James Watson: Unverdauliches Essen und ein wunderschönes Modell
Es gab einen Baustein, der Darwin fehlte und eine große Lücke in seiner Theorie darstellte: Er kannte den Mechanismus nicht, der dazu führt, dass Merkmale von einer Generation zur nächsten weitergegeben werden. Heute kennen wir den Schlüssel dafür, es ist die Erbsubstanz DNA. Dieses Wissen ist noch gar nicht so alt. In den 1950er Jahren, knapp hundert Jahre nach der Entwicklung der Evolutionstheorie durch Darwin und Wallace, wussten Wissenschaftler zwar von dem außergewöhnlichen Molekül DNA. Doch wie genau es aussieht und auf welche Art der Körper es immer wieder kopiert, um neue Zellen herzustellen, darüber zerbrachen sie sich ihre Köpfe. Zwei von ihnen waren der Molekularbiologe James Watson und der Physiker und Biochemiker Francis Crick. Ihr Durchbruch war „Die Doppelhelix“ (The Double Helix), der Weg dorthin war allerdings alles andere als geradlinig, wie Watson in seinem gleichnamigen Buch beschreibt, das 1968 erstmals erschien.
Anders als „Die Entstehung der Arten“ konzentriert sich „Die Doppelhelix“ nicht auf die Darlegung der wissenschaftlichen Resultate. Es geht vielmehr darum, wie es einen jungen Amerikaner ins englische Cambridge verschlug, weil er mit einem Problem in Berührung gekommen war, mit dem er sich gar nicht beschäftigen sollte. Denn erstens wurde seine Arbeit über Gelder aus der Heimat finanziert und die waren für ein ganz anderes Projekt in Kopenhagen vorgesehen. Außerdem sollen die Forschungsfelder in England damals klar verteilt gewesen sein, laut Watson gehörte die DNA Maurice Wilkins (der mit Watson und Crick später den Nobelpreis erhielt) und Rosalind Franklin, die in London mit Röntgenbildern von kristallisierten Molekülen arbeiteten.

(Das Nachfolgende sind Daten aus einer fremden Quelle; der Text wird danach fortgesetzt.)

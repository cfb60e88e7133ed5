-- ===== src/Dataset/Import.antt =====
-- `handle_import_package` of cli/commands/data/package.rs, once the package is valid. The files are a
-- function, and to create a record is an operation on a state of the surroundings.
use snow_cli.Base.{
  unwrap_or, and_then, codes, ℕ, suc, Text, Option, List, Result, ◌∷◌, [], ◌++◌, some, none, ok,
  err,
}
use snow_cli.Json.{string, as_str}
use snow_cli.Identifiers.{table_name}
use snow_cli.Trees.{put, entry_at}
use snow_cli.Dataset.Types.{
  Reference, Marker, ManifestTable, Fields, TableRecord, Artifact, Reading, PackageError,
  missing_table, invalid_name, missing_artifact, unmapped, json_value_as_text,
}
use snow_cli.Dataset.Tables.{Keys}

-- By table, by key and by value: a `sys_id`.
abbrev pub Ids : Type 0
Ids = List (Text × List (Text × List (Text × Text)))

unfoldable pub id_at : Text → Text → Text → Ids → Option Text
id_at table key value ids = and_then (and_then (entry_at table ids) (entry_at key)) (entry_at value)

unfoldable pub insert_id : Text → Text → Text → Text → Ids → Ids
insert_id table key value id ids =
    let by_key = unwrap_or (entry_at table ids) [] in
    let by_value = unwrap_or (entry_at key by_key) [] in
    put table (put key (put value id by_value) by_key) ids

module _ {N : Type 0} (reading : Reading N) where
  -- One reference of a record.
  abbrev pub remapped : Ids → Reference → Option Marker → Fields N → Result PackageError (Fields N)
  remapped ids reference none fields = ok fields
  remapped ids reference (some marker) fields =
      elim (id_at marker.marker_table marker.marker_source_key marker.source_value ids) [
        | none ↦ err (unmapped reference marker)
        | some id ↦ ok (put reference.field (string id) fields)
      ]

  abbrev pub marker_in : Reference → Fields N → Option Marker
  marker_in reference fields = and_then (entry_at reference.field fields) reading.read_placeholder

  abbrev pub remap_reference_fields :
      Ids → List Reference → Fields N → Result PackageError (Fields N)
  remap_reference_fields ids [] fields = ok fields
  remap_reference_fields ids (reference ∷ references) fields =
      elim (remapped ids reference (marker_in reference fields) fields) [
        | err e ↦ err e
        | ok next ↦ remap_reference_fields ids references next
      ]

  -- The values of a record that was created, under the keys that references read.
  abbrev pub note_keys : Text → List Text → Text → Fields N → Ids → Ids
  note_keys table [] id fields ids = ids
  note_keys table (key ∷ keys) id fields ids =
      elim (and_then (entry_at key fields) (json_value_as_text reading)) [
        | none ↦ note_keys table keys id fields ids
        | some value ↦ note_keys table keys id fields (insert_id table key value id ids)
      ]

  abbrev pub noted : Text → Option (List Text) → Text → Fields N → Ids → Ids
  noted table none id fields ids = ids
  noted table (some keys) id fields ids = note_keys table keys id fields ids

abbrev pub record_sys_id : {N : Type 0} → Fields N → Text
record_sys_id fields = unwrap_or (and_then (entry_at (codes "sys_id") fields) as_str) []

-- What the import has come to, in the table at hand and in all.
pub record Progress (S E : Type 0) : Type 0 where
  pub surroundings : S
  pub ids : Ids
  pub created : ℕ
  pub created_total : ℕ
  pub failed_total : ℕ
  pub failures : List (ℕ × E)

pub record TableResult (E : Type 0) : Type 0 where
  pub result_table : Text
  pub result_created : ℕ
  pub result_failures : List (ℕ × E)

-- The progress, and the error that ends the import early.
abbrev pub Outcome : Type 0 → Type 0 → Type 0
Outcome S E = Progress S E × Option PackageError

abbrev pub start_table : {S E : Type 0} → Progress S E → Progress S E
start_table progress = record progress { created = 0; failures = [] }

module _ {N S E : Type 0} (reading : Reading N)
    (post : Text → Fields N → S → Result E (Fields N) × S) (required : Keys) where
  abbrev pub after_post :
      Text → ℕ → Fields N → Progress S E → Result E (Fields N) × S → Progress S E
  after_post table index fields progress (ok response, next) = record progress {
    surroundings = next;
    ids =
        noted reading table (entry_at table required) (record_sys_id response) fields progress.ids;
    created = suc progress.created;
    created_total = suc progress.created_total;
  }
  after_post table index fields progress (err e, next) = record progress {
    surroundings = next;
    failures = progress.failures ++ (index, e) ∷ [];
    failed_total = suc progress.failed_total;
  }

  abbrev pub import_records : ManifestTable → ℕ → List (TableRecord N) → Progress S E → Outcome S E
  import_records table index [] progress = (progress, none)
  import_records table index (entry ∷ entries) progress =
      elim (remap_reference_fields reading progress.ids table.references entry.fields) [
        | err e ↦ (progress, some e)
        | ok body ↦ import_records table (suc index) entries (
            after_post table.manifest_name index entry.fields progress
              (post table.manifest_name body progress.surroundings))
      ]

  module _ (read : Text → Option (Artifact N)) where
    abbrev pub import_artifact : ManifestTable → Option (Artifact N) → Progress S E → Outcome S E
    import_artifact table none progress = (progress, some (missing_artifact table.manifest_name))
    import_artifact table (some artifact) progress =
        import_records table 0 artifact.records (start_table progress)

    abbrev pub import_table : Text → Option ManifestTable → Progress S E → Outcome S E
    import_table name none progress = (progress, some (missing_table name))
    import_table name (some table) progress = elim (table_name table.manifest_name) [
      | err e ↦ (progress, some (invalid_name table.manifest_name))
      | ok valid ↦ import_artifact table (read table.file) progress
    ]

    -- The loop over the tables in their order, with what is reported of each.
    abbrev pub import_tables :
        List (Text × ManifestTable)
        → List Text
        → List (TableResult E)
        → Progress S E
        → List (TableResult E) × Outcome S E
    import_tables tables [] results progress = (results, (progress, none))
    import_tables tables (name ∷ order) results progress =
        let outcome = import_table name (entry_at name tables) progress in
        elim outcome.1 [
          | some e ↦ (results, outcome)
          | none ↦
              import_tables tables order
                (results
                  ++ record {
                    result_table = name;
                    result_created = outcome.0.created;
                    result_failures = outcome.0.failures;
                  }
                    ∷ [])
                outcome.0
        ]
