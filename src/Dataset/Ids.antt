-- ===== src/Dataset/Ids.antt =====
-- The new `sys_id`s that cli/commands/data/package.rs keeps while it imports.
use snow_cli.Base.{
  arith, is_some, unwrap_or, and_then, text_eq, text_eq_iff, Bool-cases, inl, inr, ap, ◌∙◌, Text,
  Option, List, ◌∷◌, [], if◌then◌else◌, ◌&&◌, true, some, none, ◌≡◌, refl,
}
use snow_cli.Trees.{put, entry_at, has}
use snow_cli.Trees.Laws.{entry_at-put}
use snow_cli.Dataset.Types.{Fields, Reading, json_value_as_text}
use snow_cli.Dataset.Import.{Ids, id_at, insert_id, note_keys, noted}

-- The value of a record under a key, as text.
abbrev pub text_at : {N : Type 0} → Reading N → Text → Fields N → Option Text
text_at reading key fields = and_then (entry_at key fields) (json_value_as_text reading)

abbrev pub Grows : Ids → Ids → Type 0
Grows before after =
    (table key value : Text)
    → is_some (id_at table key value before) ≡ true
    → is_some (id_at table key value after) ≡ true

entry_at-unwrap_or :
    {V : Type 0} (key : Text) (o : Option (List (Text × V)))
    → and_then o (entry_at key) ≡ entry_at key (unwrap_or o [])
unfolding entry_at
entry_at-unwrap_or key none = refl
entry_at-unwrap_or key (some entries) = refl

-- `id_at`, where an absent map is an empty one.
abbrev id_in : Text → Text → Text → Ids → Option Text
id_in table key value ids =
    entry_at value (unwrap_or (entry_at key (unwrap_or (entry_at table ids) [])) [])

id_at-id_in :
    (table key value : Text) (ids : Ids) → id_at table key value ids ≡ id_in table key value ids
unfolding id_at
id_at-id_in table key value ids =
    ap (λ o. and_then o (entry_at value)) (entry_at-unwrap_or key (entry_at table ids))
    ∙ entry_at-unwrap_or value (entry_at key (unwrap_or (entry_at table ids) []))

id_in-insert_id :
    (table key value id other_table other_key other_value : Text) (ids : Ids)
    → id_in other_table other_key other_value (insert_id table key value id ids) ≡ (
        if text_eq other_table table && text_eq other_key key && text_eq other_value value
        then some id
        else id_in other_table other_key other_value ids)
unfolding insert_id
id_in-insert_id table key value id other_table other_key other_value ids =
    let by_key = unwrap_or (entry_at table ids) [] in
    let by_value = unwrap_or (entry_at key by_key) [] in
    ground (
      arith,
      entry_at-put table other_table (put key (put value id by_value) by_key) ids,
      entry_at-put key other_key (put value id by_value) by_key,
      entry_at-put value other_value id by_value,
      text_eq_iff other_table table,
      text_eq_iff other_key key,
    )

pub id_at-insert_id :
    (table key value id other_table other_key other_value : Text) (ids : Ids)
    → id_at other_table other_key other_value (insert_id table key value id ids) ≡ (
        if text_eq other_table table && text_eq other_key key && text_eq other_value value
        then some id
        else id_at other_table other_key other_value ids)
id_at-insert_id table key value id other_table other_key other_value ids = ground (
  arith,
  id_in-insert_id table key value id other_table other_key other_value ids,
  id_at-id_in other_table other_key other_value ids,
  id_at-id_in other_table other_key other_value (insert_id table key value id ids),
)

insert_id-Grows :
    (table key value id : Text) (ids : Ids) → Grows ids (insert_id table key value id ids)
insert_id-Grows table key value id ids other_table other_key other_value h =
    ground (arith, id_at-insert_id table key value id other_table other_key other_value ids)

-- The record's values under the keys are known.
abbrev pub IsKnown : {N : Type 0} → Reading N → Text → List Text → Fields N → Ids → Type 0
IsKnown reading table keys fields ids =
    (key value : Text)
    → has key keys ≡ true
    → text_at reading key fields ≡ some value
    → is_some (id_at table key value ids) ≡ true

module _ {N : Type 0} (reading : Reading N) where
  pub note_keys-Grows :
      (table : Text) (keys : List Text) (id : Text) (fields : Fields N) (ids : Ids)
      → Grows ids (note_keys reading table keys id fields ids)
  note_keys-Grows table [] id fields ids = λ t k v h. h
  note_keys-Grows table (key ∷ keys) id fields ids =
      by_text (text_at reading key fields) (note_keys-Grows table keys id fields)
    where
      by_text :
          (o : Option Text)
          → ((next : Ids) → Grows next (note_keys reading table keys id fields next))
          → Grows ids (elim o [
            | none ↦ note_keys reading table keys id fields ids
            | some value ↦ note_keys reading table keys id fields (insert_id table key value id ids)
          ])
      by_text none again = again ids
      by_text (some value) again = λ t k v h.
          again (insert_id table key value id ids) t k v
            (insert_id-Grows table key value id ids t k v h)

  pub note_keys-IsKnown :
      (table : Text) (keys : List Text) (id : Text) (fields : Fields N) (ids : Ids)
      → IsKnown reading table keys fields (note_keys reading table keys id fields ids)
  note_keys-IsKnown table [] id fields ids = λ key value h found. absurd (ground arith)
  note_keys-IsKnown table (first ∷ keys) id fields ids =
      by_text (text_at reading first fields) refl (note_keys-IsKnown table keys id fields)
    where
      at_first :
          (key : Text)
          → text_eq key first ≡ true
          → text_at reading key fields ≡ text_at reading first fields
      at_first key same = ap (λ k. text_at reading k fields) ((text_eq_iff key first).0 same)

      by_text :
          (o : Option Text)
          → text_at reading first fields ≡ o
          → ((next : Ids)
              → IsKnown reading table keys fields (note_keys reading table keys id fields next))
          → IsKnown reading table (first ∷ keys) fields (elim o [
            | none ↦ note_keys reading table keys id fields ids
            | some value ↦
                note_keys reading table keys id fields (insert_id table first value id ids)
          ])
      by_text none at again key value h found = elim (Bool-cases (text_eq key first)) [
        | inl same ↦ absurd (ground (arith, at_first key same))
        | inr differs ↦ again ids key value (ground arith) found
      ]
      by_text (some text) at again key value h found = elim (Bool-cases (text_eq key first)) [
        | inl same ↦
            let same_text : value ≡ text = ground (arith, at_first key same) in
            note_keys-Grows table keys id fields (insert_id table first text id ids) table key value
              (ground (
                arith,
                id_at-insert_id table first text id table key value ids,
                text_eq_iff table table,
                text_eq_iff value text,
              ))
        | inr differs ↦ again (insert_id table first text id ids) key value (ground arith) found
      ]

  pub noted-Grows :
      (table : Text) (o : Option (List Text)) (id : Text) (fields : Fields N) (ids : Ids)
      → Grows ids (noted reading table o id fields ids)
  noted-Grows table none id fields ids = λ t k v h. h
  noted-Grows table (some keys) id fields ids = note_keys-Grows table keys id fields ids

  pub noted-IsKnown :
      (table : Text) (o : Option (List Text)) (id : Text) (fields : Fields N) (ids : Ids)
      → IsKnown reading table (unwrap_or o []) fields (noted reading table o id fields ids)
  noted-IsKnown table none id fields ids = λ key value h found. absurd (ground arith)
  noted-IsKnown table (some keys) id fields ids = note_keys-IsKnown table keys id fields ids
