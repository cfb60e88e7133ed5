-- ===== src/Dataset/Remap.antt =====
-- When `remap_reference_fields` of cli/commands/data/package.rs finds all references.
use snow_cli.Base.{
  arith, is_some, text_eq, Bool-cases, inl, inr, Text, Option, List, Result, ◌∷◌, [], true, some,
  none, ok, err, ◌≡◌, refl, All, All-weaken,
}
use snow_cli.Json.{string}
use snow_cli.Trees.{put}
use snow_cli.Trees.Laws.{entry_at-put}
use snow_cli.Dataset.Types.{Reference, Marker, Fields, Reading, PackageError, unmapped}
use snow_cli.Dataset.Import.{Ids, id_at, remapped, marker_in, remap_reference_fields}
use snow_cli.Dataset.Ids.{Grows}

-- A marker of a record that is created.
abbrev pub IsCreated : Ids → Option Marker → Type 0
IsCreated ids none = Unit {0}
IsCreated ids (some marker) =
    is_some (id_at marker.marker_table marker.marker_source_key marker.source_value ids) ≡ true

abbrev pub AreCreated : {N : Type 0} → Reading N → Ids → List Reference → Fields N → Type 0
AreCreated reading ids references fields =
    All (λ reference. IsCreated ids (marker_in reading reference fields)) references

pub IsCreated-Grows :
    (before after : Ids)
    → Grows before after
    → (m : Option Marker) → IsCreated before m
    → IsCreated after m
IsCreated-Grows before after grows none h = tt
IsCreated-Grows before after grows (some marker) h =
    grows marker.marker_table marker.marker_source_key marker.source_value h

-- A text is no placeholder.
abbrev pub IsReading : {N : Type 0} → Reading N → Type 0
IsReading reading = (text : Text) → reading.read_placeholder (string text) ≡ none

module _ {N : Type 0} (reading : Reading N) (is_reading : IsReading reading) (ids : Ids) where
  IsCreated-put :
      (reference other : Reference) (id : Text) (fields : Fields N)
      → IsCreated ids (marker_in reading other fields)
      → IsCreated ids (marker_in reading other (put reference.field (string id) fields))
  IsCreated-put reference other id fields h =
      rw (entry_at-put reference.field other.field (string id) fields)
        (elim (Bool-cases (text_eq other.field reference.field)) [
          | inl same ↦ rw (same, is_reading id) tt
          | inr differs ↦ rw differs h
        ])

  pub remap_reference_fields-ok :
      (references : List Reference) (fields : Fields N)
      → AreCreated reading ids references fields
      → (body : Fields N) × (remap_reference_fields reading ids references fields ≡ ok body)
  remap_reference_fields-ok [] fields h = (fields, refl)
  remap_reference_fields-ok (reference ∷ references) fields h =
      by_marker (marker_in reading reference fields) h.0
        (λ next good. remap_reference_fields-ok references next good)
    where
      Remaps : Result PackageError (Fields N) → Type 0
      Remaps r =
          (body : Fields N) × (elim r [
            | err e ↦ err e
            | ok next ↦ remap_reference_fields reading ids references next
          ]
            ≡ ok body)

      by_id :
          (marker : Marker) (o : Option Text)
          → is_some o ≡ true
          → ((next : Fields N)
              → AreCreated reading ids references next
              → (body : Fields N) × (remap_reference_fields reading ids references next ≡ ok body))
          → Remaps (elim o [
            | none ↦ err (unmapped reference marker)
            | some id ↦ ok (put reference.field (string id) fields)
          ])
      by_id marker none found again = absurd (ground arith)
      by_id marker (some id) found again = again (put reference.field (string id) fields) (
          All-weaken (λ other. IsCreated ids (marker_in reading other fields))
            (λ other.
              IsCreated ids (marker_in reading other (put reference.field (string id) fields)))
            (λ other good. IsCreated-put reference other id fields good) references h.1)

      by_marker :
          (m : Option Marker)
          → IsCreated ids m
          → ((next : Fields N)
              → AreCreated reading ids references next
              → (body : Fields N) × (remap_reference_fields reading ids references next ≡ ok body))
          → Remaps (remapped reading ids reference m fields)
      by_marker none created again = again fields h.1
      by_marker (some marker) created again =
          by_id marker (id_at marker.marker_table marker.marker_source_key marker.source_value ids)
            created again
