-- ===== src/Dataset/Records.antt =====
-- How cli/commands/data/package.rs imports the records of one table when each of them is accepted.
use snow_cli.Base.{
  arith, subst, sym, unwrap_or, length, ℕ, suc, Text, List, Result, ◌∷◌, [], ◌+◌, some, none, ok,
  err, ◌≡◌, refl, All, All-weaken,
}
use snow_cli.Trees.{entry_at}
use snow_cli.Dataset.Types.{ManifestTable, Fields, Reading, TableRecord, PackageError}
use snow_cli.Dataset.Tables.{Keys}
use snow_cli.Dataset.Import.{
  Ids, Progress, Outcome, record_sys_id, marker_in, after_post, import_records,
}
use snow_cli.Dataset.Ids.{Grows, IsKnown, noted-Grows, noted-IsKnown}
use snow_cli.Dataset.Remap.{
  AreCreated, IsCreated, IsCreated-Grows, IsReading, remap_reference_fields-ok,
}

-- The server accepts every record.
abbrev pub Accepts : {N S E : Type 0} → (Text → Fields N → S → Result E (Fields N) × S) → Type 0
Accepts {N} {S} {E} post =
    (table : Text) (body : Fields N) (s : S)
    → (response : Fields N) × ((post table body s).0 ≡ ok response)

module _ {N S E : Type 0} (reading : Reading N) (is_reading : IsReading reading)
    (post : Text → Fields N → S → Result E (Fields N) × S) (accepts : Accepts post)
    (required : Keys) (table : ManifestTable) where
  abbrev keys_of : List Text
  keys_of = unwrap_or (entry_at table.manifest_name required) []

  -- What it means that the records are imported.
  abbrev pub IsImported : List (TableRecord N) → Progress S E → Outcome S E → Type 0
  IsImported entries progress outcome =
      (outcome.1 ≡ none)
      × Grows progress.ids outcome.0.ids
      × (outcome.0.created_total ≡ progress.created_total + length entries)
      × (outcome.0.failed_total ≡ progress.failed_total)
      × All (λ entry. IsKnown reading table.manifest_name keys_of entry.fields outcome.0.ids)
          entries

  -- One record is created.
  abbrev IsPosted : Fields N → Progress S E → Progress S E → Type 0
  IsPosted fields before after =
      Grows before.ids after.ids
      × (after.created_total ≡ suc before.created_total)
      × (after.failed_total ≡ before.failed_total)
      × IsKnown reading table.manifest_name keys_of fields after.ids

  after_post-IsPosted :
      (index : ℕ) (fields : Fields N) (progress : Progress S E) (reply : Result E (Fields N) × S)
      (response : Fields N)
      → reply.0 ≡ ok response
      → IsPosted fields progress
          (after_post reading post required table.manifest_name index fields progress reply)
  after_post-IsPosted index fields progress (err e, next) response h = absurd (ground arith)
  after_post-IsPosted index fields progress (ok found, next) response h =
      let keys = entry_at table.manifest_name required in
      (
        noted-Grows reading table.manifest_name keys (record_sys_id found) fields progress.ids,
        refl,
        refl,
        noted-IsKnown reading table.manifest_name keys (record_sys_id found) fields progress.ids,
      )

  AreCreated-Grows :
      (before after : Ids) (entries : List (TableRecord N))
      → Grows before after
      → All (λ entry. AreCreated reading before table.references entry.fields) entries
      → All (λ entry. AreCreated reading after table.references entry.fields) entries
  AreCreated-Grows before after entries grows h =
      All-weaken
        (λ (entry : TableRecord N). AreCreated reading before table.references entry.fields)
        (λ (entry : TableRecord N). AreCreated reading after table.references entry.fields)
        (λ entry good.
          All-weaken (λ reference. IsCreated before (marker_in reading reference entry.fields))
            (λ reference. IsCreated after (marker_in reading reference entry.fields))
            (λ reference.
              IsCreated-Grows before after grows (marker_in reading reference entry.fields))
            table.references good)
        entries h

  pub import_records-IsImported :
      (index : ℕ) (entries : List (TableRecord N)) (progress : Progress S E)
      → All (λ entry. AreCreated reading progress.ids table.references entry.fields) entries
      → IsImported entries progress
          (import_records reading post required table index entries progress)
  import_records-IsImported index [] progress h =
      (refl, (λ t k v known. known), ground arith, refl, tt)
  import_records-IsImported index (entry ∷ entries) progress h =
      let (body, remaps) =
        remap_reference_fields-ok reading is_reading progress.ids table.references entry.fields
          h.0 in
      let reply = post table.manifest_name body progress.surroundings in
      let (response, accepted) = accepts table.manifest_name body progress.surroundings in
      let after =
        after_post reading post required table.manifest_name index entry.fields progress reply in
      let posted = after_post-IsPosted index entry.fields progress reply response accepted in
      let rest =
        import_records-IsImported (suc index) entries after
          (AreCreated-Grows progress.ids after.ids entries posted.0 h.1) in
      subst
        (λ (r : Result PackageError (Fields N)). IsImported (entry ∷ entries) progress (elim r [
          | err e ↦ (progress, some e)
          | ok next ↦ import_records reading post required table (suc index) entries (
              after_post reading post required table.manifest_name index entry.fields progress
                (post table.manifest_name next progress.surroundings))
        ]))
        (sym remaps)
        (
          rest.0,
          (λ t k v known. rest.1 t k v (posted.0 t k v known)),
          ground (arith, rest.2, posted.1),
          ground (arith, rest.3, posted.2),
          (
            (λ key value is_key found.
                rest.1 table.manifest_name key value (posted.3 key value is_key found)),
            rest.4,
          ),
        )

Im Gegensatz zu Darwins gut hergeleiteter und schlüssig formulierter Theorie zeigt Watson, wie Wissenschaft auch sein kann: Voller unerwarteter Irrungen und Wirrungen und vor allem abhängig von ganz unterschiedlichen Charakteren. Watson berichtet immer wieder über seine eigenen persönlichen Probleme, wie die winzigen, zugigen Appartements, in denen er lebte, und das englische Essen, das bei ihm furchtbare Bauchschmerzen verursachte. Gleichzeitig lernt man Personen kennen, die auf die eine oder andere Weise mit der Suche nach der DNA-Struktur befasst waren, am besten von allen natürlich Francis Crick. Obwohl manchmal regelrecht euphorisch, verliert Crick mehrmals die Lust an der DNA, nur um später mit Watson in einem Pub erneut darüber zu brüten. Eine unrühmliche Ausnahme – unrühmlich für ihn, nicht für sie – ist Watsons Beschreibung von Rosalind Franklin. Er wurde nicht nur für seine Darstellung Franklins in „Die Doppelhelix“ kritisiert (während eines Vortrags von ihr sinniert er darüber, warum sie nicht mehr aus ihrem Typ macht), sondern auch dafür, dass ihr Beitrag zur Entdeckung der DNA-Doppelhelix kaum gewürdigt wurde. Seine Haltung soll er nach ihrem frühen Tod revidiert haben, doch bereits am Ende des Buches spricht er wesentlich respektvoller von Franklin. Dann nämlich, als sie die bestechende Schönheit von Watsons und Cricks Modell sofort erfasst.
Trotz allem hat mir Watson Bericht über die entscheidenden Monate in Cambridge gefallen, weil er neben seiner eigenen Arbeit mit Crick das „Rennen“ gegen Linus Pauling schildert, dem renommierten Chemiker in den USA. Die meisten hielten Pauling für den aussichtsreichsten Kandidaten, wenn es um die Entdeckung der DNA-Struktur ging. Ironischerweise war sein Sohn Peter Student in Cambridge, so bekamen Watson und Crick einen noch unveröffentlichten Fachaufsatz des Vaters in die Hände und erkannten, dass der große Mann die falsche Fährte verfolgte. Das trieb die beiden bei ihrer Suche noch mehr voran. Die Geschichte der Doppelhelix handelt damit auch von zwei „Underdogs“, die mit Cleverness und einem gehörigen Schuss Selbstvertrauen einen Volltreffer landeten. Wie so oft erscheint die Lösung des Problems nicht aus dem Nichts, sondern wird von vielen Akteuren inspiriert, die schon den halben Weg zur richtigen Antwort zurückgelegt haben.